The Grim Reaper wrote:This is why you wrap it up into hypotheticals - it means you don't have to show your hand and you can just try to force people into giving up and picking a face-down card you've gimmicked earlier, instead of coming out clean, showing us your sleeves, and outlining a) what your system is, and b) what the fuck it's supposed to do better than a normal system. This gives you the ability to talk yourself to climax without having to actually deal with meaningful criticism, because you get to explain the increasingly more arcane hypotheticals and shoehorn the system in while people are trying to figure out why the fuck you've recently become obsessed with child education, or baby names, or growling stomachs, or whatever.
In the OP I gave a real-life example of voting being used to name something. I did not, however, provide a real-life example of spending being used to name something. Well... sure there are plenty real-life examples of
naming rights being sold to the highest bidder. But I don't think that any of these examples are the same as what I described in the OP.
In real life, three of my friends and I are starting a website. We came up with a list of more than 400 potential domain names. We are in the process of using the system that I described in the OP to try and choose the most valuable name. I went first and divided up around $30 dollars between a dozen or so names. My friend Mimi went next and put $10 dollars on one name that I did not put any money on. If the game ended now then her name would win. The two other people can now see our allocations. What strategy will they use? I don't know. They can allocate their money to names with or without allocations. What are the chances that they will prefer any of the dozen or so allocated names out of the 400 names?
Unfortunately, I really don't have the words to effectively describe this system. Perhaps somebody would be inclined to use the word "chaos". But it really isn't chaos. None of us are going to randomly allocate our money. None of us would put any money on names that don't match our preferences. We're only going to put our money on names that match our preferences. We logically want to put our money on the names that most closely match our preferences. Except, if nobody else puts any money on Mimi's preferred name, then it's not going to win. So she will either spend more money on this name or take her $10 dollars and try and redistribute it somehow.
In one sense it's like chess or checkers. There's action and reaction. But in neither of those games can you combine forces with other players. So perhaps it's closer to the Chinese card game
dou dizhu.
Last year
I started a thread about how the Libertarian Party (LP) gave donors the opportunity to use their donations to help choose a convention theme. Here were the results...

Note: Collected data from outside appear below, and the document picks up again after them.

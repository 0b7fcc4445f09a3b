-- ===== src/Reconcile.antt =====
-- src/waitd.py, `reconcile_loops`: the timers of the loops that the service knows, repaired from
-- the files of the loops.
use wait_skill.Prelude.{
  Bool, true, false, not, ◌&&◌, ◌||◌, String, Option, none, some, List, [], ◌∷◌, ◌++◌, ◌==◌, ℕ,
  Result, ok, err, elem, if◌then◌else◌,
}
use wait_skill.Loop.State.{LoopState, GoalFiles, Owner, Status, goal_is_open, is_active, is_waiting}
use wait_skill.Loop.Lifecycle.{cancel}
use wait_skill.Registry.State.{Watcher, ids}
use wait_skill.Jobs.Parse.{Outside}
use wait_skill.Jobs.Submit.{Submission, take_up}
use wait_skill.Jobs.Timers.{Clock, timer_argv, id_text}
pub mod Steps
pub mod Repaired
mod Tests

-- A file of a loop: it is not there, cannot be loaded, or holds a state. The known files are
-- named as `LoopStore` resolves them.
pub data LoopFile : Type 0 where
  absent broken : LoopFile
  holds : LoopState → LoopFile

abbrev pub LoopStore : Type 0
LoopStore = String → LoopFile

-- What the service takes from outside: the files of goals, what a submission from a directory
-- takes, and whether the command that cancels a loop runs to its end. One that does not has
-- changed nothing.
pub record Service : Type 0 where
  pub goals : GoalFiles
  pub outside : Outside
  pub submission : (cwd : String) → Submission
  pub clock : Clock
  pub runs_cancel : (path : String) → Bool
  pub now : ℕ

pub data Monitor : Type 0 where
  troubled : (path : String) → Monitor
  linked : (path : String) → Owner → Status → Monitor

pub record Reconciled : Type 0 where
  pub store : LoopStore
  pub watchers : List Watcher
  pub monitors : List Monitor

-- The identifiers that `save` protects; `loops` are the files with their directories.
abbrev pub protected_id : LoopFile → List String → List String
protected_id absent ids = ids
protected_id broken ids = ids
protected_id (holds s) ids = elim s.watch_id [ none ↦ ids | some id ↦ id ∷ ids ]

abbrev pub protected_ids : LoopStore → (loops : List (String × String)) → List String
protected_ids store [] = []
protected_ids store ((path, cwd) ∷ loops) = protected_id (store path) (protected_ids store loops)

abbrev pub report : Monitor → Reconciled → Reconciled
report m r = record r { monitors = r.monitors ++ m ∷ [] }

abbrev pub link : (path : String) → LoopState → Reconciled → Reconciled
link path s r = elim s.goal [ none ↦ r | some owner ↦ report (linked path owner s.status) r ]

abbrev pub written : (path : String) → LoopState → LoopStore → LoopStore
written path s store at = if at == path then holds s else store at

-- `submit` of the timer, and what comes of it.
abbrev pub start_timer :
    Service
    → (loops : List (String × String)) (path cwd : String) → LoopState
    → Reconciled
    → Reconciled
start_timer v loops path cwd s r =
    elim (take_up v.outside (v.submission cwd) (protected_ids r.store loops) v.now
      (timer_argv v.clock s path) r.watchers) [
        | err e ↦ report (troubled path) r
        | ok behind ↦ record r { watchers = behind }
      ]

abbrev pub paths : List (String × String) → List String
paths [] = []
paths ((path, cwd) ∷ loops) = path ∷ paths loops

-- What is done with a loop that may wait.
abbrev pub follow_up :
    Service
    → (loops : List (String × String)) (path cwd : String) → LoopState
    → Reconciled
    → Reconciled
follow_up v loops path cwd s r =
    let seen = link path s r in
    if not (is_active s.status) || not (is_waiting s.phase)
    then seen
    else if elem (id_text s) (ids seen.watchers)
    then seen
    else start_timer v loops path cwd s seen

-- A loop whose goal or node is no longer open is cancelled first.
abbrev pub end_monitor :
    Service
    → (loops : List (String × String)) (path cwd : String) → LoopState
    → Reconciled
    → Reconciled
end_monitor v loops path cwd s r =
    if v.runs_cancel path
    then elim (cancel v.now s) [
      | err e ↦ report (troubled path) r
      | ok s' ↦ follow_up v loops path cwd s' (record r { store = written path s' r.store })
    ]
    else report (troubled path) r

abbrev pub visit :
    Service
    → (loops : List (String × String)) (path cwd : String) → LoopFile
    → Reconciled
    → Reconciled
visit v loops path cwd absent r = r
visit v loops path cwd broken r = report (troubled path) r
visit v loops path cwd (holds s) r =
    if is_active s.status && not (goal_is_open v.goals s)
    then end_monitor v loops path cwd s r
    else follow_up v loops path cwd s r

unfoldable pub reconcile_one :
    Service → (loops : List (String × String)) → String × String → Reconciled → Reconciled
reconcile_one v loops (path, cwd) r = visit v loops path cwd (r.store path) r

abbrev pub reconcile_from :
    Service → (loops left : List (String × String)) → Reconciled → Reconciled
reconcile_from v loops [] r = r
reconcile_from v loops (entry ∷ left) r =
    reconcile_from v loops left (reconcile_one v loops entry r)

-- `reconcile_loops`
unfoldable pub reconcile_loops :
    Service → (loops : List (String × String)) → LoopStore → List Watcher → Reconciled
reconcile_loops v loops store watchers =
    reconcile_from v loops loops (record { store = store; watchers = watchers; monitors = [] })
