-- ===== src/Registry/Sorting.antt =====
-- Watches in order of their last change.
use wait_skill.Prelude.{
  ℕ, ◌≤◌, Bool, true, ◌≡◌, ◌∙◌, refl, sym, ap, List, [], ◌∷◌, ◌++◌, select, all, arith, leb, ◌⊎◌,
  inl, inr, Bool-cases,
}
use wait_skill.Registry.State.{Watcher, place, latest_first}

abbrev pub IsIn : Watcher → List Watcher → Type 0
IsIn w [] = ⊥
IsIn w (x ∷ xs) = (x ≡ w) ⊎ IsIn w xs

-- None comes before one that has changed later.
abbrev pub IsFalling : List Watcher → Type 0
IsFalling [] = Unit {0}
IsFalling (x ∷ xs) = (all (λ y. leb y.updated_at x.updated_at) xs ≡ true) × IsFalling xs

pub IsIn-select :
    (p : Watcher → Bool) (w : Watcher) (xs : List Watcher)
    → IsIn w xs
    → p w ≡ true
    → IsIn w (select p xs)
IsIn-select p w [] h k = absurd h
IsIn-select p w (x ∷ xs) h k = elim (Bool-cases (p x)) [
  | inl good ↦
      rw good (elim h [ inl here ↦ inl here | inr later ↦ inr (IsIn-select p w xs later k) ])
  | inr bad ↦ rw bad (elim h [
    | inl here ↦ absurd (cc (sym bad ∙ ap p here ∙ k))
    | inr later ↦ IsIn-select p w xs later k
  ])
]

pub select-IsIn :
    (p : Watcher → Bool) (w : Watcher) (xs : List Watcher)
    → IsIn w (select p xs)
    → IsIn w xs × (p w ≡ true)
select-IsIn p w [] h = absurd h
select-IsIn p w (x ∷ xs) h = elim (Bool-cases (p x)) [
  | inl good ↦ elim (rw good at h) [
    | inl here ↦ (inl here, ap p (sym here) ∙ good)
    | inr later ↦ let more = select-IsIn p w xs later in (inr more.0, more.1)
  ]
  | inr bad ↦ let more = select-IsIn p w xs (rw bad at h) in (inr more.0, more.1)
]

place-IsIn : (x w : Watcher) (xs : List Watcher) → IsIn w (place x xs) → (x ≡ w) ⊎ IsIn w xs
place-IsIn x w [] h = h
place-IsIn x w (y ∷ xs) h = elim (Bool-cases (leb y.updated_at x.updated_at)) [
  | inl here ↦ rw here at h
  | inr later ↦ elim (rw later at h) [
    | inl first ↦ inr (inl first)
    | inr more ↦ elim (place-IsIn x w xs more) [ inl same ↦ inl same | inr old ↦ inr (inr old) ]
  ]
]

IsIn-place : (x w : Watcher) (xs : List Watcher) → (x ≡ w) ⊎ IsIn w xs → IsIn w (place x xs)
IsIn-place x w [] h = h
IsIn-place x w (y ∷ xs) h = elim (Bool-cases (leb y.updated_at x.updated_at)) [
  | inl here ↦ rw here h
  | inr later ↦ rw later (elim h [
    | inl same ↦ inr (IsIn-place x w xs (inl same))
    | inr (inl first) ↦ inl first
    | inr (inr more) ↦ inr (IsIn-place x w xs (inr more))
  ])
]

pub IsIn-latest_first : (w : Watcher) (xs : List Watcher) → IsIn w xs → IsIn w (latest_first xs)
IsIn-latest_first w [] h = absurd h
IsIn-latest_first w (x ∷ xs) (inl same) = IsIn-place x w (latest_first xs) (inl same)
IsIn-latest_first w (x ∷ xs) (inr more) =
    IsIn-place x w (latest_first xs) (inr (IsIn-latest_first w xs more))

pub latest_first-IsIn : (w : Watcher) (xs : List Watcher) → IsIn w (latest_first xs) → IsIn w xs
latest_first-IsIn w [] h = absurd h
latest_first-IsIn w (x ∷ xs) h = elim (place-IsIn x w (latest_first xs) h) [
  | inl same ↦ inl same
  | inr more ↦ inr (latest_first-IsIn w xs more)
]

all_at :
    (p : Watcher → Bool) (w : Watcher) (xs : List Watcher)
    → all p xs ≡ true
    → IsIn w xs
    → p w ≡ true
all_at p w [] h k = absurd k
all_at p w (x ∷ xs) h (inl same) = ap p (sym same) ∙ ground (arith, h)
all_at p w (x ∷ xs) h (inr more) = all_at p w xs (ground (arith, h)) more

all-place :
    (p : Watcher → Bool) (x : Watcher) (xs : List Watcher)
    → p x ≡ true
    → all p xs ≡ true
    → all p (place x xs) ≡ true
all-place p x [] h k = ground (arith, h)
all-place p x (y ∷ xs) h k = ground (arith, h, k, all-place p x xs)

all_weaker :
    (a b : ℕ) (xs : List Watcher)
    → a ≤ b
    → all (λ y. leb y.updated_at a) xs ≡ true
    → all (λ y. leb y.updated_at b) xs ≡ true
all_weaker a b [] h k = refl
all_weaker a b (x ∷ xs) h k = ground (arith, h, k, all_weaker a b xs)

place-IsFalling : (x : Watcher) (xs : List Watcher) → IsFalling xs → IsFalling (place x xs)
place-IsFalling x [] h = (refl, tt)
place-IsFalling x (y ∷ xs) h = elim (Bool-cases (leb y.updated_at x.updated_at)) [
  | inl here ↦
      let below = all_weaker y.updated_at x.updated_at xs (ground (arith, here)) h.0 in
      rw here (ground (arith, here, below), h)
  | inr later ↦ rw later (
    all-place (λ z. leb z.updated_at y.updated_at) x xs (ground (arith, later)) h.0,
    place-IsFalling x xs h.1,
  )
]

pub latest_first-IsFalling : (xs : List Watcher) → IsFalling (latest_first xs)
latest_first-IsFalling [] = tt
latest_first-IsFalling (x ∷ xs) = place-IsFalling x (latest_first xs) (latest_first-IsFalling xs)

IsIn-append : (w : Watcher) (xs ys : List Watcher) → IsIn w ys → IsIn w (xs ++ ys)
IsIn-append w [] ys h = h
IsIn-append w (x ∷ xs) ys h = inr (IsIn-append w xs ys h)

-- In falling order, what stands in the first part has not changed before what stands behind.
pub falls_across :
    (v w : Watcher) (xs ys : List Watcher)
    → IsFalling (xs ++ ys)
    → IsIn v xs
    → IsIn w ys
    → w.updated_at ≤ v.updated_at
falls_across v w [] ys h here k = absurd here
falls_across v w (x ∷ xs) ys h (inl same) k =
    let below =
      all_at (λ y. leb y.updated_at x.updated_at) w (xs ++ ys) h.0 (IsIn-append w xs ys k) in
    let at : x.updated_at ≡ v.updated_at = ap (λ z. z.updated_at) same in ground (arith, below, at)
falls_across v w (x ∷ xs) ys h (inr more) k = falls_across v w xs ys h.1 more k
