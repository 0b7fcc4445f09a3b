-- ===== src/Registry/Pruning.antt =====
-- src/waitd.py, `save`: what the registry keeps.
use wait_skill.Prelude.{
  ℕ, zero, suc, ◌≤◌, Bool, true, false, not, ◌&&◌, ◌≡◌, ◌∙◌, refl, sym, ap, List, [], ◌∷◌, ◌++◌,
  String, ◌==◌, elem, length, length-append, select, take, drop, take-drop, arith, ◌⊎◌, inl, inr,
  Bool-cases, subst, eq_iff, eq_refl,
}
use wait_skill.Registry.State.{
  Watcher, ids, is_finished, max_finished_watches, place, latest_first, surplus, is_kept, save,
}
use wait_skill.Registry.Sorting.{
  IsIn, IsFalling, IsIn-select, select-IsIn, IsIn-latest_first, latest_first-IsIn,
  latest_first-IsFalling, falls_across,
}

abbrev finished : (protected : List String) → List Watcher → List Watcher
finished protected watchers = latest_first (select (is_finished protected) watchers)

pub elem-ids : (w : Watcher) (xs : List Watcher) → IsIn w xs → elem w.watch_id (ids xs) ≡ true
unfolding elem
elem-ids w [] h = absurd h
elem-ids w (x ∷ xs) (inl same) =
    let first : (x.watch_id == w.watch_id) ≡ true =
      ap (λ y. y.watch_id == w.watch_id) same ∙ eq_refl w.watch_id in
    ground (arith, first)
elem-ids w (x ∷ xs) (inr more) = ground (arith, elem-ids w xs more)

pub ids-elem :
    (k : String) (xs : List Watcher)
    → elem k (ids xs) ≡ true
    → (w : Watcher) × IsIn w xs × (w.watch_id ≡ k)
unfolding elem
ids-elem k [] h = absurd (cc h)
ids-elem k (x ∷ xs) h = elim (Bool-cases (x.watch_id == k)) [
  | inl here ↦ (x, inl refl, (eq_iff x.watch_id k).0 here)
  | inr later ↦ let more = ids-elem k xs (rw later at h) in (more.0, inr more.1, more.2)
]

split-IsIn :
    (n : ℕ) (w : Watcher) (xs : List Watcher) → IsIn w xs → IsIn w (take n xs) ⊎ IsIn w (drop n xs)
split-IsIn zero w xs h = inr h
split-IsIn (suc n) w [] h = absurd h
split-IsIn (suc n) w (x ∷ xs) (inl same) = inl (inl same)
split-IsIn (suc n) w (x ∷ xs) (inr more) = elim (split-IsIn n w xs more) [
  | inl first ↦ inl (inr first)
  | inr last ↦ inr last
]

drop-IsIn : (n : ℕ) (w : Watcher) (xs : List Watcher) → IsIn w (drop n xs) → IsIn w xs
drop-IsIn zero w xs h = h
drop-IsIn (suc n) w [] h = absurd h
drop-IsIn (suc n) w (x ∷ xs) h = inr (drop-IsIn n w xs h)

-- What a save removes are finished watches that no loop waits for.
pub surplus-is_finished :
    (protected : List String) (watchers : List Watcher) (w : Watcher)
    → IsIn w (surplus protected watchers)
    → IsIn w watchers × (is_finished protected w ≡ true)
unfolding surplus
surplus-is_finished protected watchers w h = select-IsIn (is_finished protected) w watchers (
    latest_first-IsIn w (select (is_finished protected) watchers)
      (drop-IsIn max_finished_watches w (finished protected watchers) h))

later_stays :
    (protected : List String) (watchers : List Watcher) (v w : Watcher)
    → IsIn v watchers
    → is_finished protected v ≡ true
    → is_kept (surplus protected watchers) v ≡ true
    → IsIn w (surplus protected watchers)
    → w.updated_at ≤ v.updated_at
unfolding surplus
later_stays protected watchers v w known done stays gone =
    let all_finished = finished protected watchers in
    let first = take max_finished_watches all_finished in
    let last = drop max_finished_watches all_finished in
    let chosen = select (is_finished protected) watchers in
    let in_order =
      subst IsFalling (sym (take-drop max_finished_watches all_finished))
        (latest_first-IsFalling chosen) in
    let there =
      IsIn-latest_first v chosen (IsIn-select (is_finished protected) v watchers known done) in
    elim (split-IsIn max_finished_watches v all_finished there) [
      | inl early ↦ falls_across v w first last in_order early gone
      | inr removed ↦ absurd (cc (sym stays ∙ ap not (elem-ids v last removed)))
    ]

-- No two watches have the same identifier.
unfoldable pub are_distinct : List Watcher → Bool
unfolding elem
are_distinct [] = true
are_distinct (x ∷ xs) = not (elem x.watch_id (ids xs)) && are_distinct xs

pub one_of_id :
    (xs : List Watcher) (x y : Watcher)
    → are_distinct xs ≡ true
    → IsIn x xs
    → IsIn y xs
    → x.watch_id ≡ y.watch_id
    → x ≡ y
unfolding are_distinct
one_of_id [] x y h at_x at_y same = absurd at_x
one_of_id (z ∷ xs) x y h (inl at_x) (inl at_y) same = sym at_x ∙ at_y
one_of_id (z ∷ xs) x y h (inr at_x) (inr at_y) same =
    one_of_id xs x y (ground (arith, h)) at_x at_y same
one_of_id (z ∷ xs) x y h (inl at_x) (inr at_y) same =
    let id = ap (λ w. w.watch_id) at_x ∙ same in
    let there = ap (λ k. elem k (ids xs)) id ∙ elem-ids y xs at_y in
    absurd (ground (arith, h, there))
one_of_id (z ∷ xs) x y h (inr at_x) (inl at_y) same =
    let id = ap (λ w. w.watch_id) at_y ∙ sym same in
    let there = ap (λ k. elem k (ids xs)) id ∙ elem-ids x xs at_x in
    absurd (ground (arith, h, there))

-- A save removes a watch only when it is finished and no loop waits for it, and each finished watch
-- that it keeps and no loop waits for has changed at that time or later; when no two watches of the
-- registry have the same identifier.
pub save-latest :
    (protected : List String) (watchers : List Watcher) (v w : Watcher)
    → are_distinct watchers ≡ true
    → IsIn w watchers
    → elem w.watch_id (ids (save protected watchers)) ≡ false
    → IsIn v (save protected watchers)
    → is_finished protected v ≡ true
    → (is_finished protected w ≡ true) × (w.updated_at ≤ v.updated_at)
unfolding save
save-latest protected watchers v w distinct known gone kept done =
    let removed = surplus protected watchers in
    elim (Bool-cases (elem w.watch_id (ids removed))) [
      | inr stays ↦
          let still = IsIn-select (is_kept removed) w watchers known (ap not stays) in
          absurd (cc (sym gone ∙ elem-ids w (save protected watchers) still))
      | inl goes ↦
          let other = ids-elem w.watch_id removed goes in
          let from = surplus-is_finished protected watchers other.0 other.1 in
          let same = one_of_id watchers other.0 w distinct from.0 known other.2 in
          let w_gone : IsIn w removed = subst (λ x. IsIn x removed) same other.1 in
          let stays = select-IsIn (is_kept removed) v watchers kept in
          (
            ap (is_finished protected) (sym same) ∙ from.1,
            later_stays protected watchers v w stays.0 done stays.1 w_gone,
          )
    ]

select-twice :
    (p q : Watcher → Bool) (xs : List Watcher) → select p (select q xs) ≡ select q (select p xs)
select-twice p q [] = refl
select-twice p q (x ∷ xs) = ground (arith, select-twice p q xs)

length-place :
    (q : Watcher → Bool) (x : Watcher) (xs : List Watcher)
    → length (select q (place x xs)) ≡ length (select q (x ∷ xs))
length-place q x [] = refl
length-place q x (y ∷ xs) = ground (arith, length-place q x xs)

length-latest_first :
    (q : Watcher → Bool) (xs : List Watcher)
    → length (select q (latest_first xs)) ≡ length (select q xs)
length-latest_first q [] = refl
length-latest_first q (x ∷ xs) =
    ground (arith, length-place q x (latest_first xs), length-latest_first q xs)

select-append :
    (q : Watcher → Bool) (xs ys : List Watcher) → select q (xs ++ ys) ≡ select q xs ++ select q ys
select-append q [] ys = refl
select-append q (x ∷ xs) ys = ground (arith, select-append q xs ys)

length-select : (q : Watcher → Bool) (xs : List Watcher) → length (select q xs) ≤ length xs
length-select q [] = omega arith
length-select q (x ∷ xs) = ground (arith, length-select q xs)

length-take : (n : ℕ) (xs : List Watcher) → length (take n xs) ≤ n
length-take zero xs = omega arith
length-take (suc n) [] = omega arith
length-take (suc n) (x ∷ xs) = omega (arith, length-take n xs)

none_kept :
    (removed xs : List Watcher)
    → ((w : Watcher) → IsIn w xs → IsIn w removed)
    → select (is_kept removed) xs ≡ []
none_kept removed [] h = refl
none_kept removed (x ∷ xs) h =
    rw (elem-ids x removed (h x (inl refl))) (none_kept removed xs (λ w k. h w (inr k)))

-- Behind a save at most 256 watches are finished and not waited for by a loop.
pub save-bounded :
    (protected : List String) (watchers : List Watcher)
    → length (select (is_finished protected) (save protected watchers)) ≤ max_finished_watches
unfolding save surplus
save-bounded protected watchers =
    let all_finished = finished protected watchers in
    let first = take max_finished_watches all_finished in
    let removed = drop max_finished_watches all_finished in
    let q = is_kept removed in
    let chosen = select (is_finished protected) watchers in
    let turned = ap length (select-twice (is_finished protected) q watchers) in
    let sorted = length-latest_first q chosen in
    let parts = ap length (
      ap (select q) (sym (take-drop max_finished_watches all_finished))
      ∙ select-append q first removed) in
    let sizes = length-append (select q first) (select q removed) in
    let gone = ap length (none_kept removed removed (λ w k. k)) in
    omega (
      arith,
      turned,
      sorted,
      parts,
      sizes,
      gone,
      length-select q first,
      length-take max_finished_watches all_finished,
    )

I don't know how many donors participated in this process. But I'm sure that the number of donors greatly exceeded the number of potential themes. Was the most useful theme chosen out of all the potential themes? Would a more useful theme have been chosen if voting had been used instead of spending? What if the LP leadership had simply selected the theme?
I wrap things in hypotheticals because there's a scarcity of real-life examples to examine/analyze. Personally I don't think that the scarcity of real-life examples proves that this system is inferior to the alternatives. Most people haven't even thought of using this type of system. To figure out the true usefulness of this system there really needs to be a lot more people examining it. Not just examining, but testing as well. We're really not going to make much scientific progress without actual testing.
Sure, I can ask you to be open-minded. But can anybody choose to be open-minded? I'm not sure. Right now I'm majorly biased towards this system. Can I choose to be less biased? Probably not. This is why more scrutiny is always better than less scrutiny.